BEGIN
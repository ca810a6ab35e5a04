-- ===== src/Outcome.antt =====
-- How a Go call of the orchestrator ends. A function with results `(T, error)` and a function that
-- panics are both functions into `Outcome`: the error result, a panic and `log.Fatal` are kept
-- apart, since `recover`, `errors.Wrap` and the callers treat them differently. `timeout` is no Go
-- outcome: it says that the fuel of a loop is used up.
-- A message is a constructor of `Failure` with the texts that it quotes; the values that a message
-- prints with `%v` are left out. `errors.Wrap` and `wrapPanicf` put a `Frame` round a failure.
use ringpop_common.Common.{ℕ, ◌≡◌, refl, List, Bytes}

pub data Frame : Type 0 where
  measuring counting checksumming converging ingesting : Frame
  first_timestamp second_timestamp : Frame
  udp_scanner udp_scan : Frame
  in_scenario : Bytes → Frame
  in_run : ℕ → Frame
  in_script : Frame
  in_command : Bytes → Bytes → Frame
  in_measure : Bytes → Frame
  in_assertion : Bytes → Bytes → Frame
  in_range : Bytes → Frame
  in_value : Bytes → Frame

pub data Failure : Type 0 where
  within : Frame → Failure → Failure
  -- the runtime's own panics
  index_out_of_range slice_out_of_range type_assertion nil_pointer : Failure
  -- what comes from outside: a scanner, a writer, a connection
  io_error : Bytes → Failure
  -- calc.go
  eval_error bad_literal unhandled_expression unsupported_operator : Bytes → Failure
  -- assertion.go
  assertion_kind : Bytes → Failure
  not_expected type_mismatch not_in_range : Failure
  -- section_scanner.go, measurement.go, stat_analysis.go, stat_ingester.go
  start_not_found no_such_quantity : Bytes → Failure
  count_arguments : List Bytes → Failure
  not_a_gauge no_host no_first_timestamp no_second_timestamp bad_time no_hostport : Bytes → Failure
  no_first_change : Failure
  -- test_yaml_parser.go
  not_yaml too_many_entries empty_command too_few_fields : Failure
  bad_assertion_type no_parentheses no_comma types_differ not_a_value var_count : Failure
  not_a_variable size_convert : Bytes → Failure

pub data Outcome {ℓ} (A : Type ℓ) : Type ℓ where
  ok : A → Outcome A
  err : Failure → Outcome A
  panic : Failure → Outcome A
  exit : Failure → Outcome A
  timeout : Outcome A

infixl 5 ◌>>=◌ ◌>>◌
abbrev pub ◌>>=◌ {ℓ κ} : {A : Type ℓ} {B : Type κ} → Outcome A → (A → Outcome B) → Outcome B
ok a >>= f = f a
err e >>= f = err e
panic e >>= f = panic e
exit e >>= f = exit e
timeout >>= f = timeout

abbrev pub ◌>>◌ {ℓ κ} : {A : Type ℓ} {B : Type κ} → Outcome A → Outcome B → Outcome B
m >> k = m >>= λ _. k

-- `errors.Wrap` of an error result
abbrev pub wrap_err {ℓ} : {A : Type ℓ} → Frame → Outcome A → Outcome A
wrap_err fr (err e) = err (within fr e)
wrap_err fr (ok a) = ok a
wrap_err fr (panic e) = panic e
wrap_err fr (exit e) = exit e
wrap_err fr timeout = timeout

-- a deferred `recover` that turns a panic into an error result
abbrev pub recovered {ℓ} : {A : Type ℓ} → Outcome A → Outcome A
recovered (panic e) = err e
recovered (ok a) = ok a
recovered (err e) = err e
recovered (exit e) = exit e
recovered timeout = timeout

-- `defer wrapPanicf(…)`: a panic goes on with a longer message
unfoldable pub wrap_panic {ℓ} : {A : Type ℓ} → Frame → Outcome A → Outcome A
wrap_panic fr (panic e) = panic (within fr e)
wrap_panic fr (ok a) = ok a
wrap_panic fr (err e) = err e
wrap_panic fr (exit e) = exit e
wrap_panic fr timeout = timeout

-- Inversion of a successful bind.
pub bind-eq-ok {ℓ κ} :
    {A : Type ℓ} {B : Type κ} (first : Outcome A) (next : A → Outcome B) {y : B}
    → first >>= next ≡ ok y
    → (x : A) × (first ≡ ok x) × (next x ≡ ok y)
bind-eq-ok (ok x) next same = (x, refl, same)
bind-eq-ok (err e) next same = cc
bind-eq-ok (panic e) next same = cc
bind-eq-ok (exit e) next same = cc
bind-eq-ok timeout next same = cc

pub wrap_panic-eq-ok {ℓ} :
    {A : Type ℓ} (fr : Frame) (m : Outcome A) {a : A} → wrap_panic fr m ≡ ok a → m ≡ ok a
unfolding wrap_panic
wrap_panic-eq-ok fr (ok a) h = h
wrap_panic-eq-ok fr (err e) h = cc
wrap_panic-eq-ok fr (panic e) h = cc
wrap_panic-eq-ok fr (exit e) h = cc
wrap_panic-eq-ok fr timeout h = cc

-- A function that reports trouble by a panic only: it returns a value or panics.
abbrev pub ReturnsOrPanics {ℓ} : {A : Type ℓ} → Outcome A → Type 0
ReturnsOrPanics (ok a) = Unit
ReturnsOrPanics (panic e) = Unit
ReturnsOrPanics _ = ⊥

pub bind-ReturnsOrPanics {ℓ κ} :
    {A : Type ℓ} {B : Type κ} (m : Outcome A) (f : A → Outcome B)
    → ReturnsOrPanics m
    → ((a : A) → ReturnsOrPanics (f a))
    → ReturnsOrPanics (m >>= f)
bind-ReturnsOrPanics (ok a) f h k = k a
bind-ReturnsOrPanics (panic e) f h k = tt
bind-ReturnsOrPanics (err e) f h k = h
bind-ReturnsOrPanics (exit e) f h k = h
bind-ReturnsOrPanics timeout f h k = h

pub wrap_panic-ReturnsOrPanics {ℓ} :
    {A : Type ℓ} (fr : Frame) (m : Outcome A)
    → ReturnsOrPanics m
    → ReturnsOrPanics (wrap_panic fr m)
unfolding wrap_panic
wrap_panic-ReturnsOrPanics fr (ok a) h = h
wrap_panic-ReturnsOrPanics fr (panic e) h = h
wrap_panic-ReturnsOrPanics fr (err e) h = h
wrap_panic-ReturnsOrPanics fr (exit e) h = h
wrap_panic-ReturnsOrPanics fr timeout h = h

-- A function that reports trouble by an error only.
abbrev pub IsResult {ℓ} : {A : Type ℓ} → Outcome A → Type 0
IsResult (ok a) = Unit
IsResult (err e) = Unit
IsResult _ = ⊥

pub recovered-IsResult {ℓ} :
    {A : Type ℓ} (m : Outcome A) → ReturnsOrPanics m → IsResult (recovered m)
recovered-IsResult (ok a) h = tt
recovered-IsResult (panic e) h = tt
recovered-IsResult (err e) h = tt
recovered-IsResult (exit e) h = h
recovered-IsResult timeout h = h

pub recovered-eq-ok {ℓ} : {A : Type ℓ} (m : Outcome A) {a : A} → recovered m ≡ ok a → m ≡ ok a
recovered-eq-ok (ok a) h = h
recovered-eq-ok (panic e) h = cc
recovered-eq-ok (err e) h = cc
recovered-eq-ok (exit e) h = cc
recovered-eq-ok timeout h = cc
END
- **Task instructions**
Repeat the whole listing, keeping every word exact.

- **Answer box**
repository ca810a6ab35e5a04
-- ===== src/Outcome.antt =====
-- How a Go call of the orchestrator ends. A function with results `(T, error)` and a function that
-- panics are both functions into `Outcome`: the error result, a panic and `log.Fatal` are kept
-- apart, since `recover`, `errors.Wrap` and the callers treat them differently. `timeout` is no Go
-- outcome: it says that the fuel of a loop is used up.
-- A message is a constructor of `Failure` with the texts that it quotes; the values that a message
-- prints with `%v` are left out. `errors.Wrap` and `wrapPanicf` put a `Frame` round a failure.
use ringpop_common.Common.{ℕ, ◌≡◌, refl, List, Bytes}

pub data Frame : Type 0 where
  measuring counting checksumming converging ingesting : Frame
  first_timestamp second_timestamp : Frame
  udp_scanner udp_scan : Frame
  in_scenario : Bytes → Frame
  in_run : ℕ → Frame
  in_script : Frame
  in_command : Bytes → Bytes → Frame
  in_measure : Bytes → Frame
  in_assertion : Bytes → Bytes → Frame
  in_range : Bytes → Frame
  in_value : Bytes → Frame

pub data Failure : Type 0 where
  within : Frame → Failure → Failure
  -- the runtime's own panics
  index_out_of_range slice_out_of_range type_assertion nil_pointer : Failure
  -- what comes from outside: a scanner, a writer, a connection
  io_error : Bytes → Failure
  -- calc.go
  eval_error bad_literal unhandled_expression unsupported_operator : Bytes → Failure
  -- assertion.go
  assertion_kind : Bytes → Failure
  not_expected type_mismatch not_in_range : Failure
  -- section_scanner.go, measurement.go, stat_analysis.go, stat_ingester.go
  start_not_found no_such_quantity : Bytes → Failure
  count_arguments : List Bytes → Failure
  not_a_gauge no_host no_first_timestamp no_second_timestamp bad_time no_hostport : Bytes → Failure
  no_first_change : Failure
  -- test_yaml_parser.go
  not_yaml too_many_entries empty_command too_few_fields : Failure
  bad_assertion_type no_parentheses no_comma types_differ not_a_value var_count : Failure
  not_a_variable size_convert : Bytes → Failure

pub data Outcome {ℓ} (A : Type ℓ) : Type ℓ where
  ok : A → Outcome A
  err : Failure → Outcome A
  panic : Failure → Outcome A
  exit : Failure → Outcome A
  timeout : Outcome A

infixl 5 ◌>>=◌ ◌>>◌
abbrev pub ◌>>=◌ {ℓ κ} : {A : Type ℓ} {B : Type κ} → Outcome A → (A → Outcome B) → Outcome B
ok a >>= f = f a
err e >>= f = err e
panic e >>= f = panic e
exit e >>= f = exit e
timeout >>= f = timeout

abbrev pub ◌>>◌ {ℓ κ} : {A : Type ℓ} {B : Type κ} → Outcome A → Outcome B → Outcome B
m >> k = m >>= λ _. k

-- `errors.Wrap` of an error result
abbrev pub wrap_err {ℓ} : {A : Type ℓ} → Frame → Outcome A → Outcome A
wrap_err fr (err e) = err (within fr e)
wrap_err fr (ok a) = ok a
wrap_err fr (panic e) = panic e
wrap_err fr (exit e) = exit e
wrap_err fr timeout = timeout

-- a deferred `recover` that turns a panic into an error result
abbrev pub recovered {ℓ} : {A : Type ℓ} → Outcome A → Outcome A
recovered (panic e) = err e
recovered (ok a) = ok a
recovered (err e) = err e
recovered (exit e) = exit e
recovered timeout = timeout

-- `defer wrapPanicf(…)`: a panic goes on with a longer message
unfoldable pub wrap_panic {ℓ} : {A : Type ℓ} → Frame → Outcome A → Outcome A
wrap_panic fr (panic e) = panic (within fr e)
wrap_panic fr (ok a) = ok a
wrap_panic fr (err e) = err e
wrap_panic fr (exit e) = exit e
wrap_panic fr timeout = timeout

-- Inversion of a successful bind.
pub bind-eq-ok {ℓ κ} :
    {A : Type ℓ} {B : Type κ} (first : Outcome A) (next : A → Outcome B) {y : B}
    → first >>= next ≡ ok y
    → (x : A) × (first ≡ ok x) × (next x ≡ ok y)
bind-eq-ok (ok x) next same = (x, refl, same)
bind-eq-ok (err e) next same = cc
bind-eq-ok (panic e) next same = cc
bind-eq-ok (exit e) next same = cc
bind-eq-ok timeout next same = cc

pub wrap_panic-eq-ok {ℓ} :
    {A : Type ℓ} (fr : Frame) (m : Outcome A) {a : A} → wrap_panic fr m ≡ ok a → m ≡ ok a
unfolding wrap_panic
wrap_panic-eq-ok fr (ok a) h = h
wrap_panic-eq-ok fr (err e) h = cc
wrap_panic-eq-ok fr (panic e) h = cc
wrap_panic-eq-ok fr (exit e) h = cc
wrap_panic-eq-ok fr timeout h = cc

-- A function that reports trouble by a panic only: it returns a value or panics.
abbrev pub ReturnsOrPanics {ℓ} : {A : Type ℓ} → Outcome A → Type 0
ReturnsOrPanics (ok a) = Unit
ReturnsOrPanics (panic e) = Unit
ReturnsOrPanics _ = ⊥

pub bind-ReturnsOrPanics {ℓ κ} :
    {A : Type ℓ} {B : Type κ} (m : Outcome A) (f : A → Outcome B)
    → ReturnsOrPanics m
    → ((a : A) → ReturnsOrPanics (f a))
    → ReturnsOrPanics (m >>= f)
bind-ReturnsOrPanics (ok a) f h k = k a
bind-ReturnsOrPanics (panic e) f h k = tt
bind-ReturnsOrPanics (err e) f h k = h
bind-ReturnsOrPanics (exit e) f h k = h
bind-ReturnsOrPanics timeout f h k = h

pub wrap_panic-ReturnsOrPanics {ℓ} :
    {A : Type ℓ} (fr : Frame) (m : Outcome A)
    → ReturnsOrPanics m
    → ReturnsOrPanics (wrap_panic fr m)
unfolding wrap_panic
wrap_panic-ReturnsOrPanics fr (ok a) h = h
wrap_panic-ReturnsOrPanics fr (panic e) h = h
wrap_panic-ReturnsOrPanics fr (err e) h = h
wrap_panic-ReturnsOrPanics fr (exit e) h = h
wrap_panic-ReturnsOrPanics fr timeout h = h

-- A function that reports trouble by an error only.
abbrev pub IsResult {ℓ} : {A : Type ℓ} → Outcome A → Type 0
IsResult (ok a) = Unit
IsResult (err e) = Unit
IsResult _ = ⊥

pub recovered-IsResult {ℓ} :
    {A : Type ℓ} (m : Outcome A) → ReturnsOrPanics m → IsResult (recovered m)
recovered-IsResult (ok a) h = tt
recovered-IsResult (panic e) h = tt
recovered-IsResult (err e) h = tt
recovered-IsResult (exit e) h = h
recovered-IsResult timeout h = h

pub recovered-eq-ok {ℓ} : {A : Type ℓ} (m : Outcome A) {a : A} → recovered m ≡ ok a → m ≡ ok a
recovered-eq-ok (ok a) h = h
recovered-eq-ok (panic e) h = cc
recovered-eq-ok (err e) h = cc
recovered-eq-ok (exit e) h = cc
recovered-eq-ok timeout h = cc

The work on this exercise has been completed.